That night as I went to sleep near the river with the cacophony of frogs all around and the palm framed clouds sliding by, I can remember feeling different. I was captivated by this trip back in time to a place where life is the connection to plants and animals and earth. I understood now why each man seemed to always be sharpening his knife. It was amazing to feel a part of it, to bathe and drink from the same cold, life-giving stream, and cook only over the hot fire. The modern world seemed far away. The world within sight was everything, provided everything, and there was not a need for anything more. It was a feeling of contentedness and timelessness that seemed strong and clear. In the end, we came back to the city anyway, the other gringo Nicolas and I, after a few more days with Catarino and his family. Nicolas returned to his organic farm in La Ribera where he’s working for a while, and I’m now back in Cabo Pulmo, but I still feel the sore spot in my arm where the palm plant went so deep into me, and I still feel that awe of watching a man and a people so in tune with their land.





1 comment:

RangerPilot42 said...

That was really a beautiful story. As I read your eloquent words I couldn't help but laugh at the ironic disparagement between our two lives.

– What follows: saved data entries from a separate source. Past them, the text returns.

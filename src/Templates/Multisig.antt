-- ===== src/Templates/Multisig.antt =====
-- crates/kovanica-state/src/multisig.rs. The static error strings are constructors.
use kovanica_node.Common.{
  ℕ, zero, suc, ◌+◌, ◌*◌, Bool, true, false, Option, none, some, List, [], ◌∷◌, not, Result, ok,
  err, ltb, ◌==◌, if◌then◌else◌, length, take, drop, flat_map, bytes_eq, and_then,
}
use kovanica_node.Crypto.{Crypto, verify_pk}

abbrev pub max_multisig_keys : ℕ
max_multisig_keys = 16

pub data MultisigError : Type 0 where
  script_too_short threshold_zero no_keys threshold_exceeds_keys too_many_keys : MultisigError
  script_length invalid_key duplicate_key : MultisigError
  signature_count signature_size duplicate_signature no_matching_key not_enough : MultisigError

pub record MultisigScript : Type 0 where
  pub m : ℕ
  pub n : ℕ
  pub pubkeys : List (List ℕ)

unfoldable pub contains : List (List ℕ) → List ℕ → Bool
contains [] x = false
contains (y ∷ ys) x = if bytes_eq y x then true else contains ys x

-- The two loops over pairs `i < j`.
unfoldable pub has_duplicate : List (List ℕ) → Bool
has_duplicate [] = false
has_duplicate (x ∷ xs) = if contains xs x then true else has_duplicate xs

unfoldable pub mem : ℕ → List ℕ → Bool
mem k [] = false
mem k (x ∷ xs) = if x == k then true else mem k xs

unfoldable pub check_signatures : List (List ℕ) → Result MultisigError (Unit {0})
check_signatures [] = ok tt
check_signatures (sig ∷ signatures) =
    let rest = check_signatures signatures in
    if not (length sig == 64)
    then err signature_size
    else if contains signatures sig
    then err duplicate_signature
    else rest

module _ (c : Crypto) where
  -- The keys at the offsets `2 + 32 * i`.
  unfoldable pub parse_keys : ℕ → List ℕ → Result MultisigError (List (List ℕ))
  parse_keys zero bytes = ok []
  parse_keys (suc n) bytes =
      let rest = and_then (parse_keys n (drop 32 bytes)) (λ keys. ok (take 32 bytes ∷ keys)) in
      if c.valid_key (take 32 bytes) then rest else err invalid_key

  unfoldable pub parse_header : ℕ → ℕ → List ℕ → Result MultisigError MultisigScript
  parse_header m n bytes =
      if ltb m 1
      then err threshold_zero
      else if ltb n 1
      then err no_keys
      else if ltb n m
      then err threshold_exceeds_keys
      else if ltb max_multisig_keys n
      then err too_many_keys
      else if not (length bytes == 2 + 32 * n)
      then err script_length
      else and_then (parse_keys n (drop 2 bytes)) (λ keys.
        if has_duplicate keys
        then err duplicate_key
        else ok (record { m = m; n = n; pubkeys = keys }))

  unfoldable pub parse : List ℕ → Result MultisigError MultisigScript
  parse [] = err script_too_short
  parse (m ∷ []) = err script_too_short
  parse (m ∷ n ∷ rest) = parse_header m n (m ∷ n ∷ rest)

  -- The first key that is not matched yet and verifies the signature.
  unfoldable pub find_key : ℕ → List (List ℕ) → List ℕ → List ℕ → List ℕ → Option ℕ
  find_key k_idx [] matched sighash sig = none
  find_key k_idx (pk ∷ pubkeys) matched sighash sig =
      let rest = find_key (suc k_idx) pubkeys matched sighash sig in
      if mem k_idx matched then rest else if verify_pk c pk sighash sig then some k_idx else rest

  unfoldable pub match_signatures :
      List (List ℕ) → List ℕ → List ℕ → List (List ℕ) → Result MultisigError (List ℕ)
  match_signatures pubkeys sighash matched [] = ok matched
  match_signatures pubkeys sighash matched (sig ∷ signatures) =
      elim (find_key 0 pubkeys matched sighash sig) [
        | none ↦ err no_matching_key
        | some k_idx ↦ match_signatures pubkeys sighash (k_idx ∷ matched) signatures
      ]

  unfoldable pub verify_threshold_signatures :
      MultisigScript → List (List ℕ) → List ℕ → Result MultisigError (Unit {0})
  verify_threshold_signatures script signatures sighash =
      if not (length signatures == script.m)
      then err signature_count
      else and_then (check_signatures signatures) (λ _.
        and_then (match_signatures script.pubkeys sighash [] signatures)
          (λ matched. if length matched == script.m then ok tt else err not_enough))

unfoldable pub encode : MultisigScript → List ℕ
encode s = s.m ∷ s.n ∷ flat_map (λ pk. pk) s.pubkeys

This morning I awoke at 4:15am, went to the most lavish YMCA I've ever been to, swam a little over 500 meters in a nice warm Olympic sized pool of super chlorinated water, rinsed off in one of twenty independently cordoned off showers, climbed two flights of stairs and ran around a rubberized indoor track where I kept pace with a middle-aged balding man while I tried in vain to get some energy to push myself a little harder so that I could pass him, drove home and readied myself for work, drove in my personal 4 wheel drive pick up on streets lined by dirty snow that has formed super curbs from the constant street plowing, and now sit in my cubicle where the vent above me for some odd reason blows cold air on this 20 degree day, my boss wants competitive intelligence on one of our customers, and I write myself a task list while my blackberry vibrates signaling an incoming email.

Life.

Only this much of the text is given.